-------- PROVIDED ENTRIES --------

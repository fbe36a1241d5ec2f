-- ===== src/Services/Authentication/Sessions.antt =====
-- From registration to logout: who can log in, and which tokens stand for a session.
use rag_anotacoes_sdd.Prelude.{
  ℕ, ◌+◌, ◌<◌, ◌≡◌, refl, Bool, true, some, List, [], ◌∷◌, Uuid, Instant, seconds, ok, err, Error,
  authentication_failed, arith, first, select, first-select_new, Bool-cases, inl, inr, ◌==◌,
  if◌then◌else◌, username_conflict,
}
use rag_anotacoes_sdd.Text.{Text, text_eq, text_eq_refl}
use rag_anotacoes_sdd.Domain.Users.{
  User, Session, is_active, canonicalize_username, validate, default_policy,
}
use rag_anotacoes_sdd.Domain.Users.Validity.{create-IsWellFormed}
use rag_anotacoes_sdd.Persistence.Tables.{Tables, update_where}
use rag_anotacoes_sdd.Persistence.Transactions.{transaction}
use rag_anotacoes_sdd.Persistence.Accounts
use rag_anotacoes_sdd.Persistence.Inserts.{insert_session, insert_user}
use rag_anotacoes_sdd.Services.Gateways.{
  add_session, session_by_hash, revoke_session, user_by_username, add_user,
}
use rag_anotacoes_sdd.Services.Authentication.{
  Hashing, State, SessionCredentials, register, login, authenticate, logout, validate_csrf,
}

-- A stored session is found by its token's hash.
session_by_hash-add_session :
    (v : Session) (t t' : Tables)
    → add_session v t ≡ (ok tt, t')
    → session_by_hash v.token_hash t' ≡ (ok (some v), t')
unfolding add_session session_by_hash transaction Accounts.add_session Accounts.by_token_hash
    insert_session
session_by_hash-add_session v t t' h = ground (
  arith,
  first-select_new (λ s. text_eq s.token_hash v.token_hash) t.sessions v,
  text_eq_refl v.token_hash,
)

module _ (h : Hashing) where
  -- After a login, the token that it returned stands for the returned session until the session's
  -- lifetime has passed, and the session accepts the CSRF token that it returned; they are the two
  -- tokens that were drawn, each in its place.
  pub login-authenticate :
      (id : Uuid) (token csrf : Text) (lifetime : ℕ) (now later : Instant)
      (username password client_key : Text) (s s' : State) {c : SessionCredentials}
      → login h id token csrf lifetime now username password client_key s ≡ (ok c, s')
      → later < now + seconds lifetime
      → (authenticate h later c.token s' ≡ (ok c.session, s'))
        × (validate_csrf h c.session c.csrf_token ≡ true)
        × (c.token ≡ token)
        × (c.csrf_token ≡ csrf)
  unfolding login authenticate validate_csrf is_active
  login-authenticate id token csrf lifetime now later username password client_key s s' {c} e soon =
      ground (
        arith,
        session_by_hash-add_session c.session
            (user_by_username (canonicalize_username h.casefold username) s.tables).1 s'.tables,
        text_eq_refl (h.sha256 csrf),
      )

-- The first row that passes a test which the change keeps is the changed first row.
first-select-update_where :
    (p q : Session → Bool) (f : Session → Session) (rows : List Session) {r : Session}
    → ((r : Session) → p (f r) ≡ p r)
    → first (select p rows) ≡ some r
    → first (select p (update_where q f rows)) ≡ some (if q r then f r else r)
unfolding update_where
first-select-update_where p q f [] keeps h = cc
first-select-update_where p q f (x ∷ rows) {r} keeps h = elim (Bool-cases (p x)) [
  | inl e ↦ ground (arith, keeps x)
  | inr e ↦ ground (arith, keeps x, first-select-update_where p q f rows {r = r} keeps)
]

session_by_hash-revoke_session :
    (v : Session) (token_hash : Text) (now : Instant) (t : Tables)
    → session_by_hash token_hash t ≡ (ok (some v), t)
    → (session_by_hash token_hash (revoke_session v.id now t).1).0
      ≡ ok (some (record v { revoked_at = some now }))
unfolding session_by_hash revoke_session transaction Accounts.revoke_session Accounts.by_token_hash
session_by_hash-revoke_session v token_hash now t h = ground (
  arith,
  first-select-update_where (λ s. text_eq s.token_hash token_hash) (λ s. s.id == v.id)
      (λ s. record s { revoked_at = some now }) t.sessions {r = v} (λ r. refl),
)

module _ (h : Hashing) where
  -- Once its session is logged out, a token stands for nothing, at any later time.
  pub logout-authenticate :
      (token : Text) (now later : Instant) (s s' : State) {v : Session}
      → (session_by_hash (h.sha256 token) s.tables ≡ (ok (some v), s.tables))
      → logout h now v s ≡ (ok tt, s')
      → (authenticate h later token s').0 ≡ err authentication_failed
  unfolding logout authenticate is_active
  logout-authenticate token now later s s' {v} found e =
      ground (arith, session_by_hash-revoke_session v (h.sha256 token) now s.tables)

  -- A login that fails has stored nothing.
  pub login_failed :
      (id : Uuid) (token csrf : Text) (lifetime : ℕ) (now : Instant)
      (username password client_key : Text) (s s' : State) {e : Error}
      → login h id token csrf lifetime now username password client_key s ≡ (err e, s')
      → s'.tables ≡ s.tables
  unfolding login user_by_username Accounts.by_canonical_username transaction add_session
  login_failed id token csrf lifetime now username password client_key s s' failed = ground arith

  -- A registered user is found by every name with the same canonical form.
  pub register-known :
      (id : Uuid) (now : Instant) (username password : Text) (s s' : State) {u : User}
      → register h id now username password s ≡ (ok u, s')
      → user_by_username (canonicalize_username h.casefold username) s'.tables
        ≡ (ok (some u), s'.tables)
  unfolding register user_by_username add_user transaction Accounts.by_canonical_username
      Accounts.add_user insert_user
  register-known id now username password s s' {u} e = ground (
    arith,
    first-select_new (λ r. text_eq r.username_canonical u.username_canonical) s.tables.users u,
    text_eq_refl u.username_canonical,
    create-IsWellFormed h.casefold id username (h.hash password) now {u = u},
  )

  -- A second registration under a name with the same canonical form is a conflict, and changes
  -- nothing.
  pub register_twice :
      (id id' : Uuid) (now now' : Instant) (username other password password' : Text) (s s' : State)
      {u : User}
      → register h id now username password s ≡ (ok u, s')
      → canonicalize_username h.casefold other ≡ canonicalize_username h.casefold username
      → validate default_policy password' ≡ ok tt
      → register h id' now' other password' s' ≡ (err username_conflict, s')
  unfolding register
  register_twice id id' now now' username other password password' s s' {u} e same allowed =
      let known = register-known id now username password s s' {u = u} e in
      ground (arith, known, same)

--------

> [EXERCISE PROMPT] Retype the entries above exactly as they appear.

> [RESPONSE TO THIS TASK]
repository fbe36a1241d5ec2f
-- ===== src/Services/Authentication/Sessions.antt =====
-- From registration to logout: who can log in, and which tokens stand for a session.
use rag_anotacoes_sdd.Prelude.{
  ℕ, ◌+◌, ◌<◌, ◌≡◌, refl, Bool, true, some, List, [], ◌∷◌, Uuid, Instant, seconds, ok, err, Error,
  authentication_failed, arith, first, select, first-select_new, Bool-cases, inl, inr, ◌==◌,
  if◌then◌else◌, username_conflict,
}
use rag_anotacoes_sdd.Text.{Text, text_eq, text_eq_refl}
use rag_anotacoes_sdd.Domain.Users.{
  User, Session, is_active, canonicalize_username, validate, default_policy,
}
use rag_anotacoes_sdd.Domain.Users.Validity.{create-IsWellFormed}
use rag_anotacoes_sdd.Persistence.Tables.{Tables, update_where}
use rag_anotacoes_sdd.Persistence.Transactions.{transaction}
use rag_anotacoes_sdd.Persistence.Accounts
use rag_anotacoes_sdd.Persistence.Inserts.{insert_session, insert_user}
use rag_anotacoes_sdd.Services.Gateways.{
  add_session, session_by_hash, revoke_session, user_by_username, add_user,
}
use rag_anotacoes_sdd.Services.Authentication.{
  Hashing, State, SessionCredentials, register, login, authenticate, logout, validate_csrf,
}

-- A stored session is found by its token's hash.
session_by_hash-add_session :
    (v : Session) (t t' : Tables)
    → add_session v t ≡ (ok tt, t')
    → session_by_hash v.token_hash t' ≡ (ok (some v), t')
unfolding add_session session_by_hash transaction Accounts.add_session Accounts.by_token_hash
    insert_session
session_by_hash-add_session v t t' h = ground (
  arith,
  first-select_new (λ s. text_eq s.token_hash v.token_hash) t.sessions v,
  text_eq_refl v.token_hash,
)

module _ (h : Hashing) where
  -- After a login, the token that it returned stands for the returned session until the session's
  -- lifetime has passed, and the session accepts the CSRF token that it returned; they are the two
  -- tokens that were drawn, each in its place.
  pub login-authenticate :
      (id : Uuid) (token csrf : Text) (lifetime : ℕ) (now later : Instant)
      (username password client_key : Text) (s s' : State) {c : SessionCredentials}
      → login h id token csrf lifetime now username password client_key s ≡ (ok c, s')
      → later < now + seconds lifetime
      → (authenticate h later c.token s' ≡ (ok c.session, s'))
        × (validate_csrf h c.session c.csrf_token ≡ true)
        × (c.token ≡ token)
        × (c.csrf_token ≡ csrf)
  unfolding login authenticate validate_csrf is_active
  login-authenticate id token csrf lifetime now later username password client_key s s' {c} e soon =
      ground (
        arith,
        session_by_hash-add_session c.session
            (user_by_username (canonicalize_username h.casefold username) s.tables).1 s'.tables,
        text_eq_refl (h.sha256 csrf),
      )

-- The first row that passes a test which the change keeps is the changed first row.
first-select-update_where :
    (p q : Session → Bool) (f : Session → Session) (rows : List Session) {r : Session}
    → ((r : Session) → p (f r) ≡ p r)
    → first (select p rows) ≡ some r
    → first (select p (update_where q f rows)) ≡ some (if q r then f r else r)
unfolding update_where
first-select-update_where p q f [] keeps h = cc
first-select-update_where p q f (x ∷ rows) {r} keeps h = elim (Bool-cases (p x)) [
  | inl e ↦ ground (arith, keeps x)
  | inr e ↦ ground (arith, keeps x, first-select-update_where p q f rows {r = r} keeps)
]

session_by_hash-revoke_session :
    (v : Session) (token_hash : Text) (now : Instant) (t : Tables)
    → session_by_hash token_hash t ≡ (ok (some v), t)
    → (session_by_hash token_hash (revoke_session v.id now t).1).0
      ≡ ok (some (record v { revoked_at = some now }))
unfolding session_by_hash revoke_session transaction Accounts.revoke_session Accounts.by_token_hash
session_by_hash-revoke_session v token_hash now t h = ground (
  arith,
  first-select-update_where (λ s. text_eq s.token_hash token_hash) (λ s. s.id == v.id)
      (λ s. record s { revoked_at = some now }) t.sessions {r = v} (λ r. refl),
)

module _ (h : Hashing) where
  -- Once its session is logged out, a token stands for nothing, at any later time.
  pub logout-authenticate :
      (token : Text) (now later : Instant) (s s' : State) {v : Session}
      → (session_by_hash (h.sha256 token) s.tables ≡ (ok (some v), s.tables))
      → logout h now v s ≡ (ok tt, s')
      → (authenticate h later token s').0 ≡ err authentication_failed
  unfolding logout authenticate is_active
  logout-authenticate token now later s s' {v} found e =
      ground (arith, session_by_hash-revoke_session v (h.sha256 token) now s.tables)

  -- A login that fails has stored nothing.
  pub login_failed :
      (id : Uuid) (token csrf : Text) (lifetime : ℕ) (now : Instant)
      (username password client_key : Text) (s s' : State) {e : Error}
      → login h id token csrf lifetime now username password client_key s ≡ (err e, s')
      → s'.tables ≡ s.tables
  unfolding login user_by_username Accounts.by_canonical_username transaction add_session
  login_failed id token csrf lifetime now username password client_key s s' failed = ground arith

  -- A registered user is found by every name with the same canonical form.
  pub register-known :
      (id : Uuid) (now : Instant) (username password : Text) (s s' : State) {u : User}
      → register h id now username password s ≡ (ok u, s')
      → user_by_username (canonicalize_username h.casefold username) s'.tables
        ≡ (ok (some u), s'.tables)
  unfolding register user_by_username add_user transaction Accounts.by_canonical_username
      Accounts.add_user insert_user
  register-known id now username password s s' {u} e = ground (
    arith,
    first-select_new (λ r. text_eq r.username_canonical u.username_canonical) s.tables.users u,
    text_eq_refl u.username_canonical,
    create-IsWellFormed h.casefold id username (h.hash password) now {u = u},
  )

  -- A second registration under a name with the same canonical form is a conflict, and changes
  -- nothing.
  pub register_twice :
      (id id' : Uuid) (now now' : Instant) (username other password password' : Text) (s s' : State)
      {u : User}
      → register h id now username password s ≡ (ok u, s')
      → canonicalize_username h.casefold other ≡ canonicalize_username h.casefold username
      → validate default_policy password' ≡ ok tt
      → register h id' now' other password' s' ≡ (err username_conflict, s')
  unfolding register
  register_twice id id' now now' username other password password' s s' {u} e same allowed =
      let known = register-known id now username password s s' {u = u} e in
      ground (arith, known, same)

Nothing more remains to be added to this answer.